ON­LINE: HelRAW: Polina Yordanova 6.4.2020

The Helsinki Research on the Ancient World (HelRAW) is a monthly research seminar. HelRAW is organized by the SpaceLaw project together with Marja Vierros from the Digital Grammar of Greek Documentary Papyri (PapyGreek) project.

6.4.2020 at 17:00

Polina Yordanova (University of Helsinki): Finding One’s Way in the Digital Forest: Discontinuity in a Treebank of Documentary Papyri

Abstract: Word order has traditionally been an underrepresented topic in the research of Ancient Greek, and even those studies that are particularly addressing it are mostly examining literary materials. Documentary sources could provide insight into some unexplored aspects of the development of the language, but, due to their vast number and miscellaneous content, traditional philological methods would necessarily be limited in their research scope.

This is where digital technologies come in as a solution giving scholars the opportunity to draw their conclusions on quantitative data that serves as the basis for qualitative approach. Morphosyntactic annotations of corpora of texts (a.k.a. treebanking) is a method proven to be extremely suitable for linguistic research from all points of view, but it is perhaps the best tool for studying word order in particular, as it allows the researcher to keep track of both the
position of words in the sentence and the syntactic relations between them.
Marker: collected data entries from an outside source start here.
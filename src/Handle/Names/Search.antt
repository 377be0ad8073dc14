-- ===== src/Handle/Names/Search.antt =====
-- The search in halves finds what a search from the front finds, and an insertion keeps the order.
use Prim.Native.Nat.{Ordering}
use jump.Base.{
  ℕ, zero, suc, ◌+◌, ◌-◌, ◌/◌, ◌<◌, ◌≤◌, ◌≡◌, ◌≢◌, ◌⊎◌, inl, inr, refl, ap, sym, ◌∙◌, arith, List,
  [], ◌∷◌, get_or, length, ltb, ℕ_discrete, dec_lt, Bool-cases,
}
use jump.Handle.Names.{
  Name, strcmp, Entry, no_entry, Names, Found, hit, miss, search_loop, search_name, findname,
}
use jump.Handle.Names.Order.{
  strcmp_refl, strcmp-eq, strcmp-flip, strcmp_trans, All, Before, Sorted, All-at, All-drop,
  Sorted-at,
}

-- What the search says of the name.
abbrev pub Finds : List Entry → Name → Found → Type 0
Finds es name (hit h) =
    (k : ℕ) × (k < length es)
    × ((get_or es k no_entry).name ≡ name)
    × ((get_or es k no_entry).handle ≡ h)
Finds es name (miss i) =
    (i ≤ length es)
    × ((k : ℕ) → k < i → k < length es → strcmp (get_or es k no_entry).name name ≡ Ordering.lt)
    × ((k : ℕ) → i ≤ k → k < length es → strcmp name (get_or es k no_entry).name ≡ Ordering.lt)

Ordering-cases : (o : Ordering) → (o ≡ Ordering.lt) ⊎ ((o ≡ Ordering.eq) ⊎ (o ≡ Ordering.gt))
Ordering-cases Ordering.lt = inl refl
Ordering-cases Ordering.eq = inr (inl refl)
Ordering-cases Ordering.gt = inr (inr refl)

-- What stands up to a place whose name is less than the one searched.
below :
    (es : List Entry) (name : Name) (mid k : ℕ)
    → Sorted es
    → mid < length es
    → strcmp (get_or es mid no_entry).name name ≡ Ordering.lt
    → k ≤ mid
    → strcmp (get_or es k no_entry).name name ≡ Ordering.lt
below es name mid k s l c h = elim (ℕ_discrete k mid) [
  | yes e ↦ rw e c
  | no e ↦ strcmp_trans _ _ name (Sorted-at es k mid s (omega arith) l) c
]

above :
    (es : List Entry) (name : Name) (mid k : ℕ)
    → Sorted es
    → mid ≤ k
    → strcmp (get_or es mid no_entry).name name ≡ Ordering.gt
    → k < length es
    → strcmp name (get_or es k no_entry).name ≡ Ordering.lt
above es name mid k s h c l =
    let here = (strcmp-flip _ name).0 c in
    elim (ℕ_discrete k mid) [
      | yes e ↦ rw e here
      | no e ↦ strcmp_trans name _ _ here (Sorted-at es mid k s (omega arith) l)
    ]

search_loop_lem :
    (fuel : ℕ) (es : List Entry) (name : Name) (begin stop : ℕ)
    → Sorted es
    → stop < fuel + begin
    → begin ≤ stop
    → stop ≤ length es
    → ((k : ℕ) → k < begin → k < length es → strcmp (get_or es k no_entry).name name ≡ Ordering.lt)
    → ((k : ℕ) → stop ≤ k → k < length es → strcmp name (get_or es k no_entry).name ≡ Ordering.lt)
    → Finds es name (search_loop fuel es name begin stop)
unfolding search_loop
search_loop_lem zero es name begin stop s f b l lo hi = absurd (omega arith)
search_loop_lem (suc fuel) es name begin stop s f b l lo hi = elim (Bool-cases (ltb begin stop)) [
  | inr e ↦
      let past : stop ≤ begin = ground arith in rw e (omega arith, lo, λ k g. hi k (omega arith))
  | inl e ↦
      let mid = (begin + (stop - 1)) / 2 in
      let lt : begin < stop = ground arith in
      let n = get_or es mid no_entry in
      elim (Ordering-cases (strcmp n.name name)) [
        | inl c ↦
            rw (e, c)
              (search_loop_lem fuel es name (mid + 1) stop s (omega arith) (omega arith) l
                (λ k g h. below es name mid k s (omega arith) c (omega arith)) hi)
        | inr (inl c) ↦ rw (e, c) (mid, omega arith, strcmp-eq n.name name c, refl)
        | inr (inr c) ↦
            rw (e, c)
              (search_loop_lem fuel es name begin mid s (omega arith) (omega arith) (omega arith) lo
                (λ k g h. above es name mid k s g c h))
      ]
]

pub search_name_lem :
    (es : List Entry) (name : Name) → Sorted es → Finds es name (search_name es name)
unfolding search_name
search_name_lem es name s =
    search_loop_lem (length es + 1) es name 0 (length es) s (omega arith) (omega arith)
      (omega arith) (λ k h l. absurd (omega arith)) (λ k h l. absurd (omega arith))

-- The search from the front.
unfoldable pub lookup : Name → List Entry → ℕ
lookup name [] = 0
lookup name (e ∷ es) = elim (strcmp e.name name) [ Ordering.eq ↦ e.handle | _ ↦ lookup name es ]

pub lookup_absent :
    (name : Name) (es : List Entry)
    → All (λ e. strcmp e.name name ≢ Ordering.eq) es
    → lookup name es ≡ 0
unfolding lookup
lookup_absent name [] a = refl
lookup_absent name (e ∷ es) a = ground (arith, lookup_absent name es a.1)

pub lookup_at :
    (name : Name) (es : List Entry) (k : ℕ)
    → Sorted es
    → k < length es
    → (get_or es k no_entry).name ≡ name
    → lookup name es ≡ (get_or es k no_entry).handle
unfolding lookup
lookup_at name [] k s l e = elim l [ ]
lookup_at name (x ∷ es) zero s l e =
    let same : strcmp x.name name ≡ Ordering.eq = ap (λ m. strcmp m name) e ∙ strcmp_refl name in
    rw (same, lookup)
lookup_at name (x ∷ es) (suc k) s l e =
    let before : strcmp x.name name ≡ Ordering.lt =
      ap (strcmp x.name) (sym e) ∙ All-at (Before x.name) es k s.0 (omega arith) in
    rw (before, lookup) (lookup_at name es k s.1 (omega arith) e)

lt-ne-eq : {o : Ordering} → o ≡ Ordering.lt → o ≢ Ordering.eq
lt-ne-eq e f = cc

gt-ne-eq : {o : Ordering} → o ≡ Ordering.gt → o ≢ Ordering.eq
gt-ne-eq e f = cc

-- A name that the search misses is not there.
pub miss_absent :
    (es : List Entry) (name : Name) (i : ℕ)
    → Finds es name (miss i)
    → All (λ e. strcmp e.name name ≢ Ordering.eq) es
miss_absent es name i f =
    All-drop (λ e. strcmp e.name name ≢ Ordering.eq) es 0
      λ k h l. elim (dec_lt k i) [
        | yes p ↦ lt-ne-eq (f.1 k p l)
        | no p ↦ gt-ne-eq ((strcmp-flip _ name).1 (f.2 k (omega arith) l))
      ]

-- `skynet_handle_findname` gives what a search from the front of the sorted names gives.
pub findname_lem :
    (s : Names) (name : Name) → Sorted s.entries → findname s name ≡ lookup name s.entries
unfolding findname
findname_lem s name v = go (search_name s.entries name) (search_name_lem s.entries name v)
  where
    go :
        (r : Found)
        → Finds s.entries name r
        → elim r as (λ _. ℕ) [ hit h ↦ h | miss i ↦ 0 ] ≡ lookup name s.entries
    go (hit h) (k, l, e, q) = sym q ∙ sym (lookup_at name s.entries k v l e)
    go (miss i) f = sym (lookup_absent name s.entries (miss_absent s.entries name i f))
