-- ===== src/Handle/Names/Insert.antt =====
-- Giving a name to a handle, and taking the names of a handle away, keep the array sorted.
use Prim.Native.Nat.{Ordering}
use jump.Base.{
  ℕ, zero, suc, ◌+◌, ◌<◌, ◌≤◌, ◌≡◌, ◌≢◌, ◌⊎◌, inl, inr, refl, ap, sym, ◌∙◌, arith, some, List, [],
  ◌∷◌, ◌++◌, get_or, length, take, drop, ◌==◌, Bool-cases, ◌^◌, leb, ◌*◌, true, ◌>>=◌,
}
use jump.Handle.Names.{
  Name, strcmp, Entry, no_entry, Names, Found, hit, miss, search_name, insert_before, namehandle,
  name_room, max_slot_size, taken, named, drop_names,
}
use jump.Handle.Names.Search.{Finds, search_name_lem, lookup, miss_absent}
use jump.Handle.Names.Order.{strcmp_refl, strcmp-eq, All, Before, After, Sorted, All-take, All-drop}

insert_All :
    (P : Entry → Type 0) (es : List Entry) (i : ℕ) (new : Entry)
    → All P es
    → P new
    → All P (take i es ++ new ∷ drop i es)
insert_All P [] zero new a p = (p, tt)
insert_All P [] (suc i) new a p = (p, tt)
insert_All P (e ∷ es) zero new a p = (p, a)
insert_All P (e ∷ es) (suc i) new a p = (a.0, insert_All P es i new a.1 p)

insert_Sorted :
    (es : List Entry) (i : ℕ) (new : Entry)
    → Sorted es
    → All (After new.name) (take i es)
    → All (Before new.name) (drop i es)
    → Sorted (take i es ++ new ∷ drop i es)
insert_Sorted [] zero new s a b = (tt, tt)
insert_Sorted [] (suc i) new s a b = (tt, tt)
insert_Sorted (e ∷ es) zero new s a b = (b, s)
insert_Sorted (e ∷ es) (suc i) new s a b =
    (insert_All (Before e.name) es i new s.0 a.0, insert_Sorted es i new s.1 a.1 b)

apart :
    (a b n : Name) → strcmp a b ≢ Ordering.eq → strcmp a n ≡ Ordering.eq → strcmp b n ≢ Ordering.eq
apart a b n ne p q = ne (ap (strcmp a) (strcmp-eq b n q ∙ sym (strcmp-eq a n p)) ∙ strcmp_refl a)

length-insert :
    (es : List Entry) (i : ℕ) (new : Entry) → length (take i es ++ new ∷ drop i es) ≡ length es + 1
length-insert [] zero new = refl
length-insert [] (suc i) new = refl
length-insert (e ∷ es) zero new = omega arith
length-insert (e ∷ es) (suc i) new = omega (arith, length-insert es i new)

-- The new name is found, and all others as before.
insert_lookup :
    (es : List Entry) (i : ℕ) (new : Entry) (n : Name)
    → All (λ e. strcmp e.name new.name ≢ Ordering.eq) es
    → lookup n (take i es ++ new ∷ drop i es)
      ≡ elim (strcmp new.name n) as (λ _. ℕ) [ Ordering.eq ↦ new.handle | _ ↦ lookup n es ]
unfolding lookup
insert_lookup [] zero new n a = refl
insert_lookup [] (suc i) new n a = refl
insert_lookup (e ∷ es) zero new n a = refl
insert_lookup (e ∷ es) (suc i) new n a =
    ground (arith, insert_lookup es i new n a.1, apart e.name new.name n a.0)

insert_lem :
    (es : List Entry) (name : Name) (handle i : ℕ)
    → Sorted es
    → Finds es name (miss i)
    → Sorted (take i es ++ record { name = name; handle = handle } ∷ drop i es)
insert_lem es name handle i s f =
    insert_Sorted es i (record { name = name; handle = handle }) s (All-take (After name) es i f.1)
      (All-drop (Before name) es i f.2)

room_lem :
    (s : Names)
    → 0 < s.name_cap
    → length s.entries ≤ s.name_cap
    → length s.entries ≤ 2 ^ 29
    → (cap : ℕ) × (name_room s ≡ some cap) × (length s.entries < cap)
unfolding name_room
room_lem s pos room few = elim (Bool-cases (leb s.name_cap (length s.entries))) [
  | inl e ↦
      let fits : leb (s.name_cap * 2) max_slot_size ≡ true = ground (arith, e) in
      (s.name_cap * 2, rw (e, fits, name_room) refl, ground (arith, e))
  | inr e ↦ (s.name_cap, rw (e, name_room) refl, ground (arith, e))
]

-- Let the names be sorted, at most 2^29, and fit an array that has room for one at least.
-- `skynet_handle_namehandle` refuses a name that is there. Otherwise its assertion holds, the names stay
-- sorted, the new name has its handle, every other name has the handle that it had, and the names fit
-- the array.
pub namehandle_lem :
    (s : Names) (handle : ℕ) (name : Name)
    → Sorted s.entries
    → 0 < s.name_cap
    → length s.entries ≤ s.name_cap
    → length s.entries ≤ 2 ^ 29
    → ((namehandle s handle name ≡ some taken)
        × ((k : ℕ) × (k < length s.entries) × ((get_or s.entries k no_entry).name ≡ name)))
      ⊎ ((t : Names) × (namehandle s handle name ≡ some (named t))
          × Sorted t.entries
          × (length t.entries ≤ t.name_cap)
          × ((n : Name)
              → lookup n t.entries ≡ elim (strcmp name n) as (λ _. ℕ) [
                | Ordering.eq ↦ handle
                | _ ↦ lookup n s.entries
              ]))
unfolding namehandle insert_before
namehandle_lem s handle name v pos room few =
    go (search_name s.entries name) refl (search_name_lem s.entries name v)
  where
    new : Entry
    new = record { name = name; handle = handle }

    go :
        (r : Found)
        → search_name s.entries name ≡ r
        → Finds s.entries name r
        → ((namehandle s handle name ≡ some taken)
            × ((k : ℕ) × (k < length s.entries) × ((get_or s.entries k no_entry).name ≡ name)))
          ⊎ ((t : Names) × (namehandle s handle name ≡ some (named t))
              × Sorted t.entries
              × (length t.entries ≤ t.name_cap)
              × ((n : Name)
                  → lookup n t.entries ≡ elim (strcmp name n) as (λ _. ℕ) [
                    | Ordering.eq ↦ handle
                    | _ ↦ lookup n s.entries
                  ]))
    go (hit h) e (k, l, q, z) = inl (rw (e, namehandle), (k, l, q))
    go (miss i) e f =
        let (cap, run, fits) = room_lem s pos room few in
        inr (
          record { name_cap = cap; entries = take i s.entries ++ new ∷ drop i s.entries },
          rw (e, namehandle) (rw (run, insert_before, ◌>>=◌) refl),
          insert_lem s.entries name handle i v f,
          omega (arith, length-insert s.entries i new),
          λ n. insert_lookup s.entries i new n (miss_absent s.entries name i f),
        )

drop_names-All :
    (P : Entry → Type 0) (handle : ℕ) (es : List Entry) → All P es → All P (drop_names handle es)
unfolding drop_names
drop_names-All P handle [] a = tt
drop_names-All P handle (e ∷ es) a = ground (arith, drop_names-All P handle es a.1)

-- Retiring a handle keeps sorted names sorted and leaves none of that handle; a name of another handle
-- is found as before.
pub drop_names_lem :
    (handle : ℕ) (es : List Entry)
    → Sorted es
    → Sorted (drop_names handle es)
      × ((n : Name) → lookup n es ≢ handle → lookup n (drop_names handle es) ≡ lookup n es)
      × All (λ e. e.handle ≢ handle) (drop_names handle es)
unfolding drop_names lookup
drop_names_lem handle [] s = (tt, λ n ne. refl, tt)
drop_names_lem handle (e ∷ es) s =
    let (a, b, c) = drop_names_lem handle es s.1 in
    elim (Bool-cases (e.handle == handle)) [
      | inl h ↦ rw h (a, λ n ne. ground (arith, b n), c)
      | inr h ↦ rw h (
        (drop_names-All (Before e.name) handle es s.0, a),
        λ n ne. ground (arith, b n),
        (ground arith, c),
      )
    ]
Creating a morphosyntactically-annotated corpus can be a cumbersome and time-consuming process, especially if made by hand, but it is querying treebanks that is the truly problematic endeavor. In order to query my trees for discontinuous structures, I have employed the power of XSLT (eXtensible Stylesheet Language Transformations), which allows me to manipulate the treebanked files and enrich their encoding through additional annotations. I will demonstrate how this approach can be applied on a heterogeneous corpus such as the one assembled by the Digital Grammar of the Documentary Papyri (PapyGreek) project.